§ **Provided data**
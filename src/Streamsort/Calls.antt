-- ===== src/Streamsort/Calls.antt =====
-- The calls that a store serves, and sequences of them.
use state_actor.Prelude.{ℕ, Option, none, some, List, [], ◌∷◌}
use state_actor.Streamsort.{
  Pebble, Store, StoreError, put_after_close, finalize_after_close, get_after_close,
  iterate_after_close, new_cursor_after_close, new_getter_after_close, Answer, ok, fail, put,
  finalize_store, get_value, iterate, done_reader,
}
use state_actor.Streamsort.Pull.{new_cursor, new_getter}

-- `done_use` is the `readers.Done()` of a cursor or getter that is closed.
pub data Use : Type 0 where
  put_entry : List ℕ → List ℕ → Use
  finalize_now : Use
  get_key : List ℕ → Use
  walk : (List (List ℕ) → List ℕ → List ℕ → Option ℕ × List (List ℕ)) → ℕ → Use
  open_cursor open_getter done_use : Use

-- The error of a call.
abbrev pub error_of : {A : Type 0} → Answer A → Option StoreError
error_of (ok a) = none
error_of (fail e) = some e

abbrev pub walk_error : {A : Type 0} → Option (Answer (Unit {0}) × A) → Option StoreError
walk_error none = none
walk_error (some r) = error_of r.0

module _ {B D I : Type 0} (pebble : Pebble B D I) where
  unfoldable pub use_store : Store B D → Use → Option StoreError × Store B D
  unfolding put finalize_store get_value iterate new_cursor new_getter
  use_store s (put_entry k v) = let (a, s') = put pebble s k v in (error_of a, s')
  use_store s finalize_now = finalize_store pebble s
  use_store s (get_key k) = let (a, s') = get_value pebble s k in (error_of a, s')
  use_store s (walk yield fuel) = let (a, s') = iterate pebble yield fuel s [] in (walk_error a, s')
  use_store s open_cursor = let (a, s') = new_cursor pebble s in (error_of a, s')
  use_store s open_getter = let (a, s') = new_getter pebble s in (error_of a, s')
  use_store s done_use = (none, done_reader pebble s)

  unfoldable pub use_all : Store B D → List Use → Store B D
  unfolding use_store
  use_all s [] = s
  use_all s (u ∷ us) = use_all (use_store s u).1 us

-- What a closed store answers.
abbrev pub refusal : Use → Option StoreError
refusal (put_entry k v) = some put_after_close
refusal finalize_now = some finalize_after_close
refusal (get_key k) = some get_after_close
refusal (walk yield fuel) = some iterate_after_close
refusal open_cursor = some new_cursor_after_close
refusal open_getter = some new_getter_after_close
refusal done_use = none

§ **What you should do**
Within the data above, the span starting at the line containing "use_store s (get_key" and ending at the line containing "use_store s open_cursor" is to be retyped exactly, with no other lines.

§ **Response**
  use_store s (get_key k) = let (a, s') = get_value pebble s k in (error_of a, s')
  use_store s (walk yield fuel) = let (a, s') = iterate pebble yield fuel s [] in (walk_error a, s')
  use_store s open_cursor = let (a, s') = new_cursor pebble s in (error_of a, s')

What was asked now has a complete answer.